Solve the differential equation $y''-2(\sin x)y'-(\cos x-\sin^2x)y=0$

Question

Solve the differential equation $y'' -2(\sin x)y'-(\cos x-\sin^2x)y=0$

I tried substituting some common functions but that didn't work.

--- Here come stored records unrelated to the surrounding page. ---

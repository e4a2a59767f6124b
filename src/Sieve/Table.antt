-- ===== src/Sieve/Table.antt =====
-- The table of `sieve_core_init_window` in new_src/sieve_core.c holds the primes up to the limit.
use native.Mathlib.Decide.{dec_lt}
use mathlib.Core.Bool.{true≢false}
use gap_miner_v.Prelude.{
  ℕ, zero, suc, ◌+◌, ◌-◌, ◌*◌, ◌/◌, ◌%◌, ◌^◌, ◌≤◌, ◌<◌, ◌≡◌, ◌∙◌, refl, sym, arith, Bool, true,
  false, not, ◌&&◌, ◌||◌, List, [], ◌∷◌, leb, ◌==◌, get_or, length, replicate, length-replicate,
  if◌then◌else◌, Bool-cases, leb-true, inl, inr,
}
use gap_miner_v.Prelude.Mod.{mod-eq_of_multiples}
use gap_miner_v.Marks.{mark_from, list_free, hits}
use gap_miner_v.Marks.Loops.{get_or-mark_from, length-mark_from}
use gap_miner_v.Primes.Trial.{
  no_divisor, no_divisor-rest, IsPrime-divisor, mod_trans, le-square, twice-le-square, square-lt,
  small_divisor,
}
use gap_miner_v.Sieve.Odd.{get_or-replicate}
use gap_miner_v.Sieve.{mark_factors, primes_up_to}

-- A number from 2 on, below `k` and with its square up to `v`, divides `v`.
abbrev found : ℕ → ℕ → Bool
found zero v = false
found (suc k) v = found k v || (leb 2 k && (leb (k * k) v && (v % k == 0)))

found-divisor :
    (k v : ℕ) → found k v ≡ true → (d : ℕ) × (1 < d) × (d < k) × (d * d ≤ v) × (v % d ≡ 0)
found-divisor zero v e = absurd (true≢false (sym e))
found-divisor (suc k) v e = elim (Bool-cases (found k v)) [
  | inl earlier ↦ let r = found-divisor k v earlier in (r.0, r.1, omega (arith, r.2), r.3, r.4)
  | inr here ↦ (k, ground arith, omega arith, ground arith, ground arith)
]

pub or-last : (a b : Bool) → b ≡ true → (a || b) ≡ true
or-last a b e = ground arith

divisor-found : (k v d : ℕ) → 1 < d → d < k → d * d ≤ v → v % d ≡ 0 → found k v ≡ true
divisor-found zero v d a b c e = absurd (omega arith)
divisor-found (suc k) v d a b c e = elim (dec_lt d k) [
  | yes below ↦ let r : found k v ≡ true = divisor-found k v d a below c e in ground arith
  | no here ↦
      let same : k ≡ d = omega arith in
      let r : (leb 2 d && (leb (d * d) v && (v % d == 0))) ≡ true = ground arith in
      rw same (or-last (found d v) (leb 2 d && (leb (d * d) v && (v % d == 0))) r)
]

-- What the marks of a new factor add.
hits-square : (f n v : ℕ) → 0 < f → v < n → hits f (f * f) n v ≡ (leb (f * f) v && (v % f == 0))
hits-square f n v pos h =
    let shift : f * f ≤ v → (v - f * f) % f ≡ v % f =
      λ l. mod-eq_of_multiples (v - f * f) v f 0 f (omega arith) in
    ground (arith, shift)

-- A factor that is marked itself adds nothing.
found-marked : (f v : ℕ) → found f f ≡ true → found (suc f) v ≡ found f v
found-marked f v e = elim (Bool-cases (found f v)) [
  | inl known ↦ rw known refl
  | inr unknown ↦ rw unknown (elim (Bool-cases (leb 2 f && (leb (f * f) v && (v % f == 0)))) [
    | inr none ↦ none
    | inl new ↦ absurd (true≢false (sym (again new) ∙ unknown))
  ])
]
  where
    again : (leb 2 f && (leb (f * f) v && (v % f == 0))) ≡ true → found f v ≡ true
    again new =
        let r = found-divisor f f e in
        let square : f * f ≤ v = ground arith in
        let up : f ≤ f * f = grind (arith, r.1, r.2) in
        divisor-found f v r.0 r.1 r.2 (omega (arith, r.3)) (mod_trans v f r.0 (ground arith) r.4)

-- The marks below `limit` are the numbers with a factor below `factor`.
abbrev Marked : ℕ → ℕ → List Bool → Type 0
Marked factor limit bits =
    (length bits ≡ limit + 1) × ((v : ℕ) → v ≤ limit → get_or bits v false ≡ found factor v)

one_round :
    (factor limit : ℕ) (bits : List Bool)
    → 1 < factor
    → factor * factor ≤ limit
    → limit < 2 ^ 32
    → Marked factor limit bits
    → Marked (suc factor) limit (
        if get_or bits factor false
        then bits
        else mark_from (limit + 1) factor (factor * factor) (limit + 1) bits)
one_round factor limit bits two square small marked = elim (Bool-cases (get_or bits factor false)) [
  | inl composite ↦
      let divided : found factor factor ≡ true = sym (marked.1 factor up) ∙ composite in
      rw composite (marked.0, λ v h. marked.1 v h ∙ sym (found-marked factor v divided))
  | inr prime ↦ rw prime (
    length-mark_from (limit + 1) factor (factor * factor) (limit + 1) bits ∙ marked.0,
    λ v h.
        get_or-mark_from (limit + 1) factor (factor * factor) (limit + 1) bits v (omega arith)
          (omega (arith, up)) (omega (arith, marked.0)) (omega arith)
        ∙ rw (hits-square factor (limit + 1) v (omega arith) (omega arith), marked.1 v h)
            (or_turn (leb (factor * factor) v && (v % factor == 0)) (found factor v) (leb 2 factor)
              (leb-true 2 factor two)),
  )
]
  where
    up : factor ≤ limit
    up = grind arith

    or_turn : (a b c : Bool) → c ≡ true → (a || b) ≡ (b || (c && a))
    or_turn a b c e = ground arith

-- The loop stops with the marks of all factors that matter.
mark_factors_lem :
    (fuel factor limit : ℕ) (bits : List Bool)
    → 1 < factor
    → limit < factor + fuel
    → limit < 2 ^ 32
    → Marked factor limit bits
    → (last : ℕ) × (limit < last * last) × Marked last limit (mark_factors fuel factor limit bits)
unfolding mark_factors
mark_factors_lem zero factor limit bits two enough small marked =
    (factor, omega (arith, le-square factor), marked)
mark_factors_lem (suc fuel) factor limit bits two enough small marked =
    elim (Bool-cases (leb factor (limit / factor))) [
      | inl more ↦
          let next : factor + 1 ≡ suc factor = omega arith in
          let square : factor * factor ≤ limit = grind arith in
          rw (more, next)
            (mark_factors_lem fuel (suc factor) limit
              (if get_or bits factor false
                then bits
                else mark_from (limit + 1) factor (factor * factor) (limit + 1) bits)
              (omega arith) (omega arith) small
              (one_round factor limit bits two square small marked))
      | inr done ↦ rw done (factor, beyond (ground arith), marked)
    ]
  where
    beyond : limit / factor < factor → limit < factor * factor
    beyond h = grind arith

-- A number has a divisor below it when it has one with its square up to it.
found-no_divisor :
    (last v : ℕ) → 1 < v → v < last * last → found last v ≡ not (no_divisor v (v - 1))
found-no_divisor last v two h = elim (Bool-cases (no_divisor v (v - 1))) [
  | inl none ↦ rw none (elim (Bool-cases (found last v)) [
    | inr good ↦ good
    | inl bad ↦
        let r = found-divisor last v bad in
        let double : 2 * r.0 ≤ r.0 * r.0 = twice-le-square r.0 r.1 in
        absurd (
          omega
            (arith, r.4, no_divisor-rest v (v - 1) r.0 r.1 (omega (arith, r.1, r.3, double)) none))
  ])
  | inr some_divisor ↦
      let p = IsPrime-divisor v (v - 1) some_divisor in
      let d = small_divisor v p.0 p.1.0 (omega (arith, p.2)) p.3 in
      rw some_divisor
        (divisor-found last v d.0 d.1 (square-lt d.0 last (omega (arith, d.2))) d.2 d.3)
]

-- The numbers from `v` on, `left` of them, that pass trial division by all numbers below them.
abbrev pub primes_from : ℕ → ℕ → List ℕ
primes_from zero v = []
primes_from (suc left) v =
    let rest = primes_from left (v + 1) in if no_divisor v (v - 1) then v ∷ rest else rest

list_free-primes_from :
    (left v last limit : ℕ) (bits : List Bool)
    → 1 < v
    → v + left ≡ limit + 1
    → limit < last * last
    → Marked last limit bits
    → list_free left v bits ≡ primes_from left v
unfolding list_free
list_free-primes_from zero v last limit bits two e far marked = refl
list_free-primes_from (suc left) v last limit bits two e far marked =
    rw
      (
        marked.1 v (omega arith),
        found-no_divisor last v two (omega arith),
        list_free-primes_from left (v + 1) last limit bits (omega arith) (omega arith) far marked,
      )
      (if-not (no_divisor v (v - 1)) (primes_from left (v + 1)) (v ∷ primes_from left (v + 1)))
  where
    if-not : (b : Bool) (x y : List ℕ) → (if not b then x else y) ≡ (if b then y else x)
    if-not true x y = refl
    if-not false x y = refl

-- For a limit from 2 up to below 2 ^ 32, the table holds the numbers from 2 up to the limit that no
-- smaller number from 2 on divides.
pub primes_up_to_lem :
    (limit : ℕ) → 2 ≤ limit → limit < 2 ^ 32 → primes_up_to limit ≡ primes_from (limit - 1) 2
unfolding primes_up_to
primes_up_to_lem limit two small =
    let r =
      mark_factors_lem limit 2 limit (replicate (limit + 1) false) (omega arith) (omega arith) small
        start in
    list_free-primes_from (limit - 1) 2 r.0 limit
      (mark_factors limit 2 limit (replicate (limit + 1) false)) (omega arith) (omega arith) r.1 r.2
  where
    start : Marked 2 limit (replicate (limit + 1) false)
    start = (length-replicate (limit + 1) false, λ v h. get_or-replicate (limit + 1) v)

How should I go about solving this question?

Answer 1

Hint:

Let $u=\cos x$ ,

Then $\dfrac{dy}{dx}=\dfrac{dy}{du}\dfrac{du}{dx}=-(\sin x)\dfrac{dy}{du}$

$\dfrac{d^2y}{dx^2}=\dfrac{d}{dx}\left(-(\sin x)\dfrac{dy}{du}\right)=-(\sin x)\dfrac{d}{dx}\left(\dfrac{dy}{du}\right)-(\cos x)\dfrac{dy}{du}=-(\sin x)\dfrac{d}{du}\left(\dfrac{dy}{du}\right)\dfrac{du}{dx}-(\cos x)\dfrac{dy}{du}=-(\sin x)\dfrac{d^2y}{du^2}(-\sin x)-(\cos x)\dfrac{dy}{du}=(\sin^2x)\dfrac{d^2y}{du^2}-(\cos x)\dfrac{dy}{du}$

$\therefore(\sin^2x)\dfrac{d^2y}{du^2}-(\cos x)\dfrac{dy}{du}+2(\sin^2x)\dfrac{dy}{du}-(\cos x-\sin^2x)y=0$

$(1-\cos^2x)\dfrac{d^2y}{du^2}+(2-2\cos^2x-\cos x)\dfrac{dy}{du}-(\cos x+\cos^2x-1)y=0$

$(1-u^2)\dfrac{d^2y}{du^2}-(2u^2+u-2)\dfrac{dy}{du}-(u^2+u-1)y=0$

$y=e^{-u}$ is the trivial solution of the above ODE.

Then solve it by reduction of order.